### Exercise
Give back, word for word, the lines in the listing below from the one holding "let more : (length" down to the one holding "empty, as many", both ends included.
Supplied information Block Start
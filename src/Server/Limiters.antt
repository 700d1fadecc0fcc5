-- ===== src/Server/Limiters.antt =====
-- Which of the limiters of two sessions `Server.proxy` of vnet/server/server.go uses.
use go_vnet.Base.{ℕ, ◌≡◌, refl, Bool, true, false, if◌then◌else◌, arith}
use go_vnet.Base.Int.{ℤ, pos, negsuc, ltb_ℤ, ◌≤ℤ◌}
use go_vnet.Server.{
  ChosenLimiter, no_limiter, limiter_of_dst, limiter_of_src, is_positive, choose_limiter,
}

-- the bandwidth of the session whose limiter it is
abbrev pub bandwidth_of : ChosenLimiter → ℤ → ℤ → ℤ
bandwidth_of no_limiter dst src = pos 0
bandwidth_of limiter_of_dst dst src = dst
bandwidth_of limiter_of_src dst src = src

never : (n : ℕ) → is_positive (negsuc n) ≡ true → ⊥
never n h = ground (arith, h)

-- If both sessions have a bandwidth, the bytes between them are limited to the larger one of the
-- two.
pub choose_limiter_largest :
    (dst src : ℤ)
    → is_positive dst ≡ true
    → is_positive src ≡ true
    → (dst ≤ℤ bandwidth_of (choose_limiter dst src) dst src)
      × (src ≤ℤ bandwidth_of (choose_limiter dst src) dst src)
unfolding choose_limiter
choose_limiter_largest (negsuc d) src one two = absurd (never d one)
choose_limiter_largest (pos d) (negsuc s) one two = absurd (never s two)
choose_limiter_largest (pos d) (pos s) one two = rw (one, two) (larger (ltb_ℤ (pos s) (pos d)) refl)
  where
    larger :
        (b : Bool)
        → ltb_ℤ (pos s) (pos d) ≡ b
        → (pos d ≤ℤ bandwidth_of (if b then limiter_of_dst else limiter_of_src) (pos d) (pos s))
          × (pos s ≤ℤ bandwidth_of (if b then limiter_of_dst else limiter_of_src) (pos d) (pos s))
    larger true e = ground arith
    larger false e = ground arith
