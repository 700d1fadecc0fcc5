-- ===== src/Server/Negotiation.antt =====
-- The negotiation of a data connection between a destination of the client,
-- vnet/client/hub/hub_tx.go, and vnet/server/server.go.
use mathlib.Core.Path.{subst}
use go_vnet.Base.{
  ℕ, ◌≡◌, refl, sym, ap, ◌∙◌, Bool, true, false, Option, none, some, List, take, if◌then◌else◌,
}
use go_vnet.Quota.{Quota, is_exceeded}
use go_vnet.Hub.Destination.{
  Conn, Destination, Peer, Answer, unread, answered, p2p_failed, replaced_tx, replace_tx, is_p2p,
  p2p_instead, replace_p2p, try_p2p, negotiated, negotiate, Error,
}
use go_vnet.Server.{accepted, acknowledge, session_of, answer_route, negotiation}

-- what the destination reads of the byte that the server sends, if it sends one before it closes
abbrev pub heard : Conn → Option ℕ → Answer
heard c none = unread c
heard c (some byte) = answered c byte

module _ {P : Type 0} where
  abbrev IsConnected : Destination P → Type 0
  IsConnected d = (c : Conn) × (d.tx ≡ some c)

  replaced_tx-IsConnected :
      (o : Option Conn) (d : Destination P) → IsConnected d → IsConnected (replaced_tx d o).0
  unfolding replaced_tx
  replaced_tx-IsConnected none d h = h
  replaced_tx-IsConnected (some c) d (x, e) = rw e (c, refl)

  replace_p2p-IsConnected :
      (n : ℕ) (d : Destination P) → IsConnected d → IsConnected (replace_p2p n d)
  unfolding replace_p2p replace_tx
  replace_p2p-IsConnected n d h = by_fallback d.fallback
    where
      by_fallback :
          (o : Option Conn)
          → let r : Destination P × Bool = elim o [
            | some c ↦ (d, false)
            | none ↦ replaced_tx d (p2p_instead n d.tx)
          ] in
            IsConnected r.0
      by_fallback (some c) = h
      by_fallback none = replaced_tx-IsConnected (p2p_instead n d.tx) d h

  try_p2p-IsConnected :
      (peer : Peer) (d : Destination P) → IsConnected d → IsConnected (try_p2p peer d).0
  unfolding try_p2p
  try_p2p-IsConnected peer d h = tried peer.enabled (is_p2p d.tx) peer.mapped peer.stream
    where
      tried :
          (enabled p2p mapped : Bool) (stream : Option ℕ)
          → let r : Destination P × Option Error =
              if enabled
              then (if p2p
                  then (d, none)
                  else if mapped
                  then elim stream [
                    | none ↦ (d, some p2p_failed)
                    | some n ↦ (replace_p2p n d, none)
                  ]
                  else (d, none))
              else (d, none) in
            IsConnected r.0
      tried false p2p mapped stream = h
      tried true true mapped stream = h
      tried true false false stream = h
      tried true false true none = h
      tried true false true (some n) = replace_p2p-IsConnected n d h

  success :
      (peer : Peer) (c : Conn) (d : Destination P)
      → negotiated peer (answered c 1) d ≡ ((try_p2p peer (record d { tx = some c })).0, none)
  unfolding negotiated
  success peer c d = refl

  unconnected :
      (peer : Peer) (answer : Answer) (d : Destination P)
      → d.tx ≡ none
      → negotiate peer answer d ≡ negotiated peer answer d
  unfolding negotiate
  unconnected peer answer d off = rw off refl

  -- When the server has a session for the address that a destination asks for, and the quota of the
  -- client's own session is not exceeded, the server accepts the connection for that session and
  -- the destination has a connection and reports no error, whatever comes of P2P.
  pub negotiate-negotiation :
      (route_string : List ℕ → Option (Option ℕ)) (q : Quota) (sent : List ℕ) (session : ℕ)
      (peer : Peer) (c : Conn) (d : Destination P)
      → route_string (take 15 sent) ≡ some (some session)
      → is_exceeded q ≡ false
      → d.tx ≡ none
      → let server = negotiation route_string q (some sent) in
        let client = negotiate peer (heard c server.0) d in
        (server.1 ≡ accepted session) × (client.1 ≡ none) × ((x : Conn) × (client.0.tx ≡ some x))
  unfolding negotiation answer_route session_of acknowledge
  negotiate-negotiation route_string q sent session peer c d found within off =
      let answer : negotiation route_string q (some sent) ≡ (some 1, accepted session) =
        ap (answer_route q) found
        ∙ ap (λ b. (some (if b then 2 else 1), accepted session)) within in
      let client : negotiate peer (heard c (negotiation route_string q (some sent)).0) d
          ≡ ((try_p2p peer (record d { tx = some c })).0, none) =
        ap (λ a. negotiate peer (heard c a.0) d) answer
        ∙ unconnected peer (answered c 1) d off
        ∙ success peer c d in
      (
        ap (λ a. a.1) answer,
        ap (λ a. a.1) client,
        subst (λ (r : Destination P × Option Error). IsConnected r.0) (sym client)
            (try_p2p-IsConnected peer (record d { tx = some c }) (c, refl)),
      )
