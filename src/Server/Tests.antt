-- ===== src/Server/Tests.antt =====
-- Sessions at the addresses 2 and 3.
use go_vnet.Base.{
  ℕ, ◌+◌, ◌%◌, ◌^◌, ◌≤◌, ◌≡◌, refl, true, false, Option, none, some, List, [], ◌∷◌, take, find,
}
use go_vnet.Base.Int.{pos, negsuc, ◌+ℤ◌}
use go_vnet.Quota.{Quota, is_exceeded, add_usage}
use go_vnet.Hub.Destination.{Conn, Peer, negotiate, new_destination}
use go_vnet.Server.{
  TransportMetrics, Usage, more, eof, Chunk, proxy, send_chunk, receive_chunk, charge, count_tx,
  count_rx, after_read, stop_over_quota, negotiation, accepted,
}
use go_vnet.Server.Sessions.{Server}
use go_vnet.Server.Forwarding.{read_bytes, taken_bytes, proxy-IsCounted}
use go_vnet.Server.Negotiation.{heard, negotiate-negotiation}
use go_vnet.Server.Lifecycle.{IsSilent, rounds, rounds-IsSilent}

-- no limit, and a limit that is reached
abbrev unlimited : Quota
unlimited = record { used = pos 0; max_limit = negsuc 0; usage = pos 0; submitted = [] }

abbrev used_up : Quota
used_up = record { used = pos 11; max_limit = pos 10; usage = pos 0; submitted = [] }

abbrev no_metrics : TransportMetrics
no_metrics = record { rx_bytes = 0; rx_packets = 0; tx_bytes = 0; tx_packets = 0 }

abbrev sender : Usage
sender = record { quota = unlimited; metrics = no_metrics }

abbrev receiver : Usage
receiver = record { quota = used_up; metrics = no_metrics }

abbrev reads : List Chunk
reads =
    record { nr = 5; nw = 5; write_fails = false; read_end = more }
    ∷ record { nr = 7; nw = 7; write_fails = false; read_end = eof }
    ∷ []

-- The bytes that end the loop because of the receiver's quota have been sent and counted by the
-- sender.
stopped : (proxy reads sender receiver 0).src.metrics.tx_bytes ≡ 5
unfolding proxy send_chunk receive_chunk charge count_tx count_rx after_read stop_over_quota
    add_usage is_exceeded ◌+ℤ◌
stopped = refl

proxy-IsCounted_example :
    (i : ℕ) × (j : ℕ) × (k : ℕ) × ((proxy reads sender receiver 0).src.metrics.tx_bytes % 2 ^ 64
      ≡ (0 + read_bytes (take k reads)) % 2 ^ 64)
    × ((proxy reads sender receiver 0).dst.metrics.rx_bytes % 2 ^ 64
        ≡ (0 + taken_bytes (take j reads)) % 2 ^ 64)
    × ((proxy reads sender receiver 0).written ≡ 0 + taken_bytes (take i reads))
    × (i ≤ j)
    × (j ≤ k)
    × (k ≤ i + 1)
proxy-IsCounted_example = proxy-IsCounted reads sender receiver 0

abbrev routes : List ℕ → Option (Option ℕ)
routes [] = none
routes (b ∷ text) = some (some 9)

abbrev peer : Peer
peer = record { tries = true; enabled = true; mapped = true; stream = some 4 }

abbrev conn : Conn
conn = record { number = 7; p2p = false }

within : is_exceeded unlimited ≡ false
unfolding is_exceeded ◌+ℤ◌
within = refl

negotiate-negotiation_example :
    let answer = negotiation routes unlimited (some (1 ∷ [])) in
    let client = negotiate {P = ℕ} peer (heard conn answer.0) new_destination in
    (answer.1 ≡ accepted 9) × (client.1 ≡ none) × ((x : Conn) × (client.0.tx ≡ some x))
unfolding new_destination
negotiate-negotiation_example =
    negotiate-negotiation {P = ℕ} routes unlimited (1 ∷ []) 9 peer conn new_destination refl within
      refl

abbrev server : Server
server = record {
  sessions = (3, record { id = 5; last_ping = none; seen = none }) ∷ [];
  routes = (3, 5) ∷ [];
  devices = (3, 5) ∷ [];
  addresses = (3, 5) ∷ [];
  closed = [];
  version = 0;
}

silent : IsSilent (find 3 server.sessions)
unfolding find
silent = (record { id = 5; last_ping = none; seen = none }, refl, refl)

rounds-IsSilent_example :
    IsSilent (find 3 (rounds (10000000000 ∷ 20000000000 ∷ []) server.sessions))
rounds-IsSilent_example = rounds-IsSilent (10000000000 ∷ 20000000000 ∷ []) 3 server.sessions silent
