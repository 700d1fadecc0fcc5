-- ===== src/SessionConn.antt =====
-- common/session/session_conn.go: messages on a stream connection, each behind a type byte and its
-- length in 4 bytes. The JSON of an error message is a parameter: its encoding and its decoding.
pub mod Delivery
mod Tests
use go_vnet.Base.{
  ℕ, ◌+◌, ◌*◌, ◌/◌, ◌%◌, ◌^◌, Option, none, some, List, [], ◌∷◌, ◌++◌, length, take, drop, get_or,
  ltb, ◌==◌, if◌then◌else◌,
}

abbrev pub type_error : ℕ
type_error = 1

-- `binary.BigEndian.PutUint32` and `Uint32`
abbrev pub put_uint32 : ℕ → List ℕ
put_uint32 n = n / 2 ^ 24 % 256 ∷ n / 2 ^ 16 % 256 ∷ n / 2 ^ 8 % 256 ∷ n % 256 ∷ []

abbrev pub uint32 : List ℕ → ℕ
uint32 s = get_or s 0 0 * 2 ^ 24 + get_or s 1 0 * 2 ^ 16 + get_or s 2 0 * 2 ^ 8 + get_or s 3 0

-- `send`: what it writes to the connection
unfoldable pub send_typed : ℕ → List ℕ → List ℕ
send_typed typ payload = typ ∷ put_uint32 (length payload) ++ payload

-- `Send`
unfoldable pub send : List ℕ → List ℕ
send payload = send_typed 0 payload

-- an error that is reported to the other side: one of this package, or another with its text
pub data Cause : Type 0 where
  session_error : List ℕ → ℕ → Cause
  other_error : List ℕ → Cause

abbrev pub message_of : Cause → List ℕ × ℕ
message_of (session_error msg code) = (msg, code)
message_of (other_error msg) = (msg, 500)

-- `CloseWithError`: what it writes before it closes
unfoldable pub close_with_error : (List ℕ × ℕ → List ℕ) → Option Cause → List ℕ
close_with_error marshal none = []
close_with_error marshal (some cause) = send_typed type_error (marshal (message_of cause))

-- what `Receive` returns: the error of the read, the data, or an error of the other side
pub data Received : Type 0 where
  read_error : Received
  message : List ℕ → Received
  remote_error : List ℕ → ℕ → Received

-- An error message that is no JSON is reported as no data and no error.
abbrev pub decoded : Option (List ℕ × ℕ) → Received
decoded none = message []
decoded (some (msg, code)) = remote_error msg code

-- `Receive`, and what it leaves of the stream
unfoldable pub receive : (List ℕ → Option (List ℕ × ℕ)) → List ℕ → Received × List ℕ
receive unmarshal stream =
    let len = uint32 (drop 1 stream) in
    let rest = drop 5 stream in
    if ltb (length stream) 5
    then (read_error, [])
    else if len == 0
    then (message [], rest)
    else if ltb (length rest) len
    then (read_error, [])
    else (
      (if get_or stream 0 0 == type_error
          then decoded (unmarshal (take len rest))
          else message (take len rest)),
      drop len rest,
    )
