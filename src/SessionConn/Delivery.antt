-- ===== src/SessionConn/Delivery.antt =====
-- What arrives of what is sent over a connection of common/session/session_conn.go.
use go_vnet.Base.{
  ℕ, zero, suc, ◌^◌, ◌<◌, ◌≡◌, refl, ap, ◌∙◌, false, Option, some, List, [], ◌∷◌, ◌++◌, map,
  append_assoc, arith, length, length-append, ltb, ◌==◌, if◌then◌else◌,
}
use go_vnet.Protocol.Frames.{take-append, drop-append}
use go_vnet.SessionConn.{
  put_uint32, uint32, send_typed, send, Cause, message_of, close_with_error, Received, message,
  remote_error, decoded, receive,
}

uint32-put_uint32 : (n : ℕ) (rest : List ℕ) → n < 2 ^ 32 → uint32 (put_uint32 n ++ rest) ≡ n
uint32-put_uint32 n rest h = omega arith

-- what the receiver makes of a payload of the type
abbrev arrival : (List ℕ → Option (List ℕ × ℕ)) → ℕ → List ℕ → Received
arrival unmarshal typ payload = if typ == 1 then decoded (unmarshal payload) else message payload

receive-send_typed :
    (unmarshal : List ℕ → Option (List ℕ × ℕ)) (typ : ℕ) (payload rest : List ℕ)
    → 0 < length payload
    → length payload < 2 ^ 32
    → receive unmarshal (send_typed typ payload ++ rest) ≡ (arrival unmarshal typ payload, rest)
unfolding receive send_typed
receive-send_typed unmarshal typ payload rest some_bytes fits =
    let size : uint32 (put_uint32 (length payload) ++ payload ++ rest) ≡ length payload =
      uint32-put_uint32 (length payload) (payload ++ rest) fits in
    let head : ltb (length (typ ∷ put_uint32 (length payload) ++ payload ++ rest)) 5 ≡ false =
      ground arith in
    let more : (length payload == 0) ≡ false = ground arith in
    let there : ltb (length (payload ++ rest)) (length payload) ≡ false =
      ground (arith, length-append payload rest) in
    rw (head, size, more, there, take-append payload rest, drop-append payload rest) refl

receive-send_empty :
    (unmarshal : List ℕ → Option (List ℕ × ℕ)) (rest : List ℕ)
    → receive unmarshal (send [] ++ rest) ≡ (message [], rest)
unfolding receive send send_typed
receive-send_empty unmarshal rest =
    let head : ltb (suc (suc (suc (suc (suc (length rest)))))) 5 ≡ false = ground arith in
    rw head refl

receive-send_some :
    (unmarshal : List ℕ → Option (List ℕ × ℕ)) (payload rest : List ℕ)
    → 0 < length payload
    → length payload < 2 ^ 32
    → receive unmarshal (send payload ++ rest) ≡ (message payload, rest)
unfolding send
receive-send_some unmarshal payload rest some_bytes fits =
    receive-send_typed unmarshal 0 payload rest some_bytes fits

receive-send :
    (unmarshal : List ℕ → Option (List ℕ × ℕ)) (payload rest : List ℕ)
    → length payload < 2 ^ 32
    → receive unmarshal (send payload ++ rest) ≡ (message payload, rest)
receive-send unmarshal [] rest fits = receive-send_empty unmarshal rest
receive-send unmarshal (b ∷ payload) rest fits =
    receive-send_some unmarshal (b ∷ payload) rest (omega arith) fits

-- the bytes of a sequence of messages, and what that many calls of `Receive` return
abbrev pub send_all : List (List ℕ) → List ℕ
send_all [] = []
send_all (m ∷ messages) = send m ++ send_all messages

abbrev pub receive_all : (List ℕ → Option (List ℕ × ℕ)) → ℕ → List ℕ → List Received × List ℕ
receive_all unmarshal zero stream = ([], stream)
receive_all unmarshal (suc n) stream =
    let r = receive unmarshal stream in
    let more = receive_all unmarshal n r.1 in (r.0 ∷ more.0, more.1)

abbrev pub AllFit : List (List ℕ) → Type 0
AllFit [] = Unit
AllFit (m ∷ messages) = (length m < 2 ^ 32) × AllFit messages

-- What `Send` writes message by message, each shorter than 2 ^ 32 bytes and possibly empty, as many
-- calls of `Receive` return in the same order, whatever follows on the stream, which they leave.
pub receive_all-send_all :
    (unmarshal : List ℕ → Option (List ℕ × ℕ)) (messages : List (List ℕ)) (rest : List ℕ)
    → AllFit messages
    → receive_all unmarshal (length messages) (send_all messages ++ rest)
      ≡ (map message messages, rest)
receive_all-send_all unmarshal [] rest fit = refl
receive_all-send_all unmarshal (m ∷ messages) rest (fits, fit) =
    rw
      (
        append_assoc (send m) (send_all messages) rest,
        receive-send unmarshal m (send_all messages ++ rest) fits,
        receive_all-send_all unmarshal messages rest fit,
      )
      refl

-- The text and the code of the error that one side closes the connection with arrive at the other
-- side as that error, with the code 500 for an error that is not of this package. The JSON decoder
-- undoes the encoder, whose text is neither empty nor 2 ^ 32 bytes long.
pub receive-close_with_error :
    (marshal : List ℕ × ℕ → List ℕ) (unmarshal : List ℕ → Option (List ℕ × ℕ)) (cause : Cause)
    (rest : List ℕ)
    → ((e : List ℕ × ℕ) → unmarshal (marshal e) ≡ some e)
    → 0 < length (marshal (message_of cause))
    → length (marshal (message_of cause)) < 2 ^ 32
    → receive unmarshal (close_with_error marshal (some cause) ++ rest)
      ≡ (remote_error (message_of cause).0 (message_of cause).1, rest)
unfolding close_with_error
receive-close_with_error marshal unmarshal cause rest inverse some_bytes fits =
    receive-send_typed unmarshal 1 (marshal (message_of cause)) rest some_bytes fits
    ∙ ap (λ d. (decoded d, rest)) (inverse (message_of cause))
Supplied information Block End
### Response to this task
    let more : (length payload == 0) ≡ false = ground arith in
    let there : ltb (length (payload ++ rest)) (length payload) ≡ false =
      ground (arith, length-append payload rest) in
    rw (head, size, more, there, take-append payload rest, drop-append payload rest) refl

receive-send_empty :
    (unmarshal : List ℕ → Option (List ℕ × ℕ)) (rest : List ℕ)
    → receive unmarshal (send [] ++ rest) ≡ (message [], rest)
unfolding receive send send_typed
receive-send_empty unmarshal rest =
    let head : ltb (suc (suc (suc (suc (suc (length rest)))))) 5 ≡ false = ground arith in
    rw head refl

receive-send_some :
    (unmarshal : List ℕ → Option (List ℕ × ℕ)) (payload rest : List ℕ)
    → 0 < length payload
    → length payload < 2 ^ 32
    → receive unmarshal (send payload ++ rest) ≡ (message payload, rest)
unfolding send
receive-send_some unmarshal payload rest some_bytes fits =
    receive-send_typed unmarshal 0 payload rest some_bytes fits

receive-send :
    (unmarshal : List ℕ → Option (List ℕ × ℕ)) (payload rest : List ℕ)
    → length payload < 2 ^ 32
    → receive unmarshal (send payload ++ rest) ≡ (message payload, rest)
receive-send unmarshal [] rest fits = receive-send_empty unmarshal rest
receive-send unmarshal (b ∷ payload) rest fits =
    receive-send_some unmarshal (b ∷ payload) rest (omega arith) fits

-- the bytes of a sequence of messages, and what that many calls of `Receive` return
abbrev pub send_all : List (List ℕ) → List ℕ
send_all [] = []
send_all (m ∷ messages) = send m ++ send_all messages

abbrev pub receive_all : (List ℕ → Option (List ℕ × ℕ)) → ℕ → List ℕ → List Received × List ℕ
receive_all unmarshal zero stream = ([], stream)
receive_all unmarshal (suc n) stream =
    let r = receive unmarshal stream in
    let more = receive_all unmarshal n r.1 in (r.0 ∷ more.0, more.1)

abbrev pub AllFit : List (List ℕ) → Type 0
AllFit [] = Unit
AllFit (m ∷ messages) = (length m < 2 ^ 32) × AllFit messages

-- What `Send` writes message by message, each shorter than 2 ^ 32 bytes and possibly empty, as many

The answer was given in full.